Writer María Ramírez Ribes (1944–2009) discusses the work of a Venezuelan pioneer of abstraction during her 1991 retrospective, Mercedes Pardo: moradas del color, held at the GAN (Galeria de Arte Nacional) in Caracas. It covered half a century of her production through 258 artworks and became the best recognized retrospective of her art making. The exhibition catalogue makes an important contribution to Pardo’s literature. Ramírez Ribes approaches her production from a broad perspective focused on the key influences received.

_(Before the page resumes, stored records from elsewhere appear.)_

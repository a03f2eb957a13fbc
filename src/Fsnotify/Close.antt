-- ===== src/Fsnotify/Close.antt =====
-- fsnotify/filewatcher.go: how a query's channel is closed, by its opLoop and by Close. The mutex is
-- held for the whole of each operation that takes it.
use hotload.Prelude.{
  String, false, none, some, List, [], ◌∷◌, lookup, erase, count, if◌then◌else◌, ltb,
}
use mathlib.Core.Option
use hotload.Registry.{Outcome, returns, panics}
use hotload.Fsnotify.{
  close_watcher, remove, QueryWatch, PathWatch, Strategy, call_watcher, find_path, put_path,
}

-- `close(qw.updateChan)`: closing a nil channel, or one that is closed already, panics.
unfoldable pub close_update_chan : Strategy → QueryWatch → Outcome Strategy
unfolding count
close_update_chan s q = elim q.update_chan [
  | none ↦ panics
  | some c ↦
      if ltb 0 (count c s.closed) then panics else returns (record s { closed = c ∷ s.closed })
]

-- The end of processWatchClosure: a path with no query left is no longer watched.
unfoldable pub drop_path : Strategy → String → PathWatch → Outcome Strategy
drop_path s pth w = elim w.queries [
  | q ∷ qs ↦ put_path s pth w
  | [] ↦
      if s.has_watcher
      then returns
          (record (call_watcher s (remove pth)).0 { paths = Option.map (erase pth) s.paths })
      else panics
]

-- `processWatchClosure`; opLoop, its caller, drops the error of the watcher's Remove.
unfoldable pub process_watch_closure : Strategy → String → String → Outcome Strategy
unfolding close_update_chan drop_path
process_watch_closure s pth qry = elim (find_path s pth) [
  | none ↦ returns s
  | some w ↦ elim (lookup qry w.queries) [
    | none ↦ drop_path s pth w
    | some q ↦ elim (close_update_chan s q) [
      | panics ↦ panics
      | returns s' ↦ drop_path s' pth (record w { queries = erase qry w.queries })
    ]
  ]
]

-- The loops of Close over the queries of a path, and over the paths.
unfoldable pub close_queries : Strategy → List (String × QueryWatch) → Outcome Strategy
unfolding close_update_chan
close_queries s [] = returns s
close_queries s ((k, q) ∷ qs) = elim (close_update_chan s q) [
  | panics ↦ panics
  | returns s' ↦ close_queries s' qs
]

unfoldable pub close_paths : Strategy → List (String × PathWatch) → Outcome Strategy
unfolding close_queries
close_paths s [] = returns s
close_paths s ((k, w) ∷ ws) = elim (close_queries s w.queries) [
  | panics ↦ panics
  | returns s' ↦ close_paths s' ws
]

-- The first part of Close.
unfoldable pub stop_watcher : Strategy → Strategy
stop_watcher s =
    if s.has_watcher then record s { calls = close_watcher ∷ s.calls; has_watcher = false } else s

-- `Close`. A loop over a nil map does nothing.
unfoldable pub close_strategy : Strategy → Outcome Strategy
unfolding stop_watcher close_paths
close_strategy s = elim (close_paths (stop_watcher s) (elim s.paths [ none ↦ [] | some m ↦ m ])) [
  | panics ↦ panics
  | returns t ↦ returns (record t { paths = none })
]
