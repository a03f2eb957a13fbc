-- ===== src/Fsnotify/Closing.antt =====
-- fsnotify/filewatcher.go: what Close leaves.
use hotload.Prelude.{
  ℕ, ◌≡◌, refl, ◌∙◌, String, false, inl, inr, none, some, List, [], ◌∷◌, arith, In, lookup, str_eq,
  Option-cases, Bool-cases, ◌⊎◌, ltb, count,
}
use hotload.Registry.{Outcome-cases, returns, panics}
use hotload.Fsnotify.Close.{
  close_paths, close_queries, close_strategy, close_update_chan, stop_watcher,
}
use hotload.Fsnotify.{Strategy, PathWatch, QueryWatch, find_path}

-- From `s` to `t` only channels were closed.
record Closes (s t : Strategy) : Type 0 where
  same_paths : t.paths ≡ s.paths
  same_watcher : t.has_watcher ≡ s.has_watcher
  keeps : (c : ℕ) → In c s.closed → In c t.closed

Closes-trans : (s t u : Strategy) → Closes s t → Closes t u → Closes s u
Closes-trans s t u p q = record {
  same_paths = cc;
  same_watcher = cc;
  keeps = λ c i. q.keeps c (p.keeps c i);
}

Closes-refl : (s : Strategy) → Closes s s
Closes-refl s = record { same_paths = refl; same_watcher = refl; keeps = λ c i. i }

close_update_chan-cases :
    (s : Strategy) (q : QueryWatch)
    → (close_update_chan s q ≡ panics)
      ⊎ ((c : ℕ) × (q.update_chan ≡ some c)
          × (close_update_chan s q ≡ returns (record s { closed = c ∷ s.closed })))
unfolding close_update_chan
close_update_chan-cases s q = elim (Option-cases q.update_chan) [
  | inl n ↦ inl (ground (arith, n))
  | inr (c, n) ↦ elim (Bool-cases (ltb 0 (count c s.closed))) [
    | inl b ↦ inl (ground (arith, n, b))
    | inr b ↦ inr (c, n, ground (arith, n, b))
  ]
]

close_queries-Closes :
    (s t : Strategy) (qs : List (String × QueryWatch)) → close_queries s qs ≡ returns t → Closes s t
unfolding close_queries
close_queries-Closes s t [] e = let h : t ≡ s = ground arith in rw h (Closes-refl s)
close_queries-Closes s t (q ∷ qs) e = elim (close_update_chan-cases s q.1) [
  | inl n ↦ ground (arith, n)
  | inr (c, n, r) ↦
      let s' : Strategy = record s { closed = c ∷ s.closed } in
      Closes-trans s s' t (record { same_paths = refl; same_watcher = refl; keeps = λ x i. inr i })
        (close_queries-Closes s' t qs (ground (arith, r)))
]

close_queries-closes :
    (s t : Strategy) (qs : List (String × QueryWatch)) (k : String) (q : QueryWatch) (c : ℕ)
    → close_queries s qs ≡ returns t
    → lookup k qs ≡ some q
    → q.update_chan ≡ some c
    → In c t.closed
unfolding close_queries lookup
close_queries-closes s t [] k q c e l u = ground arith
close_queries-closes s t (x ∷ qs) k q c e l u = elim (close_update_chan-cases s x.1) [
  | inl n ↦ ground (arith, n)
  | inr (d, n, r) ↦
      let s' : Strategy = record s { closed = d ∷ s.closed } in
      let e' : close_queries s' qs ≡ returns t = ground (arith, r) in
      elim (Bool-cases (str_eq x.0 k)) [
        | inl b ↦ (close_queries-Closes s' t qs e').keeps c (inl (ground arith))
        | inr b ↦ close_queries-closes s' t qs k q c e' (rw b at l) u
      ]
]

close_paths-Closes :
    (s t : Strategy) (ws : List (String × PathWatch)) → close_paths s ws ≡ returns t → Closes s t
unfolding close_paths
close_paths-Closes s t [] e = let h : t ≡ s = ground arith in rw h (Closes-refl s)
close_paths-Closes s t (w ∷ ws) e = elim (Outcome-cases (close_queries s w.1.queries)) [
  | inr p ↦ ground (arith, p)
  | inl (s', r) ↦
      Closes-trans s s' t (close_queries-Closes s s' w.1.queries r)
        (close_paths-Closes s' t ws (ground (arith, r)))
]

close_paths-closes :
    (s t : Strategy) (ws : List (String × PathWatch)) (pth k : String) (w : PathWatch)
    (q : QueryWatch) (c : ℕ)
    → close_paths s ws ≡ returns t
    → lookup pth ws ≡ some w
    → lookup k w.queries ≡ some q
    → q.update_chan ≡ some c
    → In c t.closed
unfolding close_paths lookup
close_paths-closes s t [] pth k w q c e f l u = ground arith
close_paths-closes s t (x ∷ ws) pth k w q c e f l u =
    elim (Outcome-cases (close_queries s x.1.queries)) [
      | inr p ↦ ground (arith, p)
      | inl (s', r) ↦
          let e' : close_paths s' ws ≡ returns t = ground (arith, r) in
          elim (Bool-cases (str_eq x.0 pth)) [
            | inl b ↦
                let same : x.1 ≡ w = ground arith in
                (close_paths-Closes s' t ws e').keeps c
                  (close_queries-closes s s' x.1.queries k q c r (rw same l) u)
            | inr b ↦ close_paths-closes s' t ws pth k w q c e' (rw b at f) l u
          ]
    ]

stopped : (s : Strategy) → (stop_watcher s).has_watcher ≡ false
unfolding stop_watcher
stopped s = ground arith

pub close_strategy-stops : (s t : Strategy) → close_strategy s ≡ returns t → t.has_watcher ≡ false
unfolding close_strategy
close_strategy-stops s t e = elim (Option-cases s.paths) [
  | inl p ↦ ground (arith, p, stopped s)
  | inr (m, p) ↦ elim (Outcome-cases (close_paths (stop_watcher s) m)) [
    | inr r ↦ ground (arith, p, r)
    | inl (s', r) ↦
        let k = close_paths-Closes (stop_watcher s) s' m r in
        ground (arith, p, r, k.same_watcher, stopped s)
  ]
]

-- If Close returns, the strategy has no watcher and no paths, and the channel of every query that
-- was watched is closed.
pub close_strategy-closes :
    (s t : Strategy) (pth qry : String) (w : PathWatch) (q : QueryWatch) (c : ℕ)
    → close_strategy s ≡ returns t
    → find_path s pth ≡ some w
    → lookup qry w.queries ≡ some q
    → q.update_chan ≡ some c
    → (t.paths ≡ none) × (t.has_watcher ≡ false) × In c t.closed
unfolding close_strategy stop_watcher
close_strategy-closes s t pth qry w q c e f l u = elim (Option-cases s.paths) [
  | inl p ↦ ground (arith, p)
  | inr (m, p) ↦ elim (Outcome-cases (close_paths (stop_watcher s) m)) [
    | inr r ↦ ground (arith, p, r)
    | inl (s', r) ↦
        let k = close_paths-Closes (stop_watcher s) s' m r in
        let i = close_paths-closes (stop_watcher s) s' m pth qry w q c r (rw p at f) l u in
        let h : t ≡ record s' { paths = none } = ground (arith, p, r) in
        (rw h refl, rw h (k.same_watcher ∙ stopped s), rw h i)
  ]
]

The article shares the narrative of coexistence of art and life in Mercedes Pardo (1921–2005). While her art is presented as a combination of careful research and freedom, the author pays close attention to the concept of “depuration” applied and connects it to the formal and spiritual influence of Wassily Kandinsky (1866–1944). For decades, his painting was considered as the first abstract artwork, although this narrative has more recently been debated; in 1919, Kandinsky claimed that he had painted what is known as the First Abstract Watercolor in 1911, but it’s much more likely to be dated 1912, as a sketch for Composition VII (1913) reveals. In terms of form, Kandinsky can be seen as an influence for Pardo, firstly because they both begin with a lyrical phase that becomes more geometric in later stages of their production, but especially because of their approaches. Just like Pardo, Kandinsky was interested in the emotional impact that color has on viewers (something theorized a century earlier by Johann Wolfgang von Goethe). The reference here is to Kandinsky’s 1911 book, Concerning the Spiritual in Art; he—as other pioneers of abstraction such as Hilma af Klint, predating Piet Mondrian—participated in the theosophical movement founded in 1875 by Helena Blavatsky and Henry Steel Olcott, therefore maintaining that a divine knowledge may be achieved through spiritual ecstasy and direct intuition. Pardo’s refusal to imitate nature and her approach to discovery based on the simplification or purification of form mirrors Kandinsky’s spirituality, according to the author who also presents Pardo’s work through the lens of music as another nexus with Kandinsky’s. Despite similarities, her work can be placed in a broader history of abstraction that does not necessarily follow his footsteps, so that all the elements that Ramírez Ribes attributes as an influence are in fact commonplaces for artists in their early approaches to abstraction.
For the essays published in the exhibition catalogue Moradas del color, see, in the ICAA Digital Archive, Gloria Carnevali, “El Espacio en la pintura de Mercedes Pardo” (doc. no. 1102285); María Fernanda Palacios, “Pintura y vida” (doc. no. 1102253); and Elizabeth Schön, “La plenitud más plena” (doc. no. 1102269). With regard to reviews of that show, see Miriam Freilich, “El arte es revelación, no producción” (doc. no. 1325266); and Manuel Manzano, “Mercedes Pardo una creadora de climas” (doc. no. 1331219).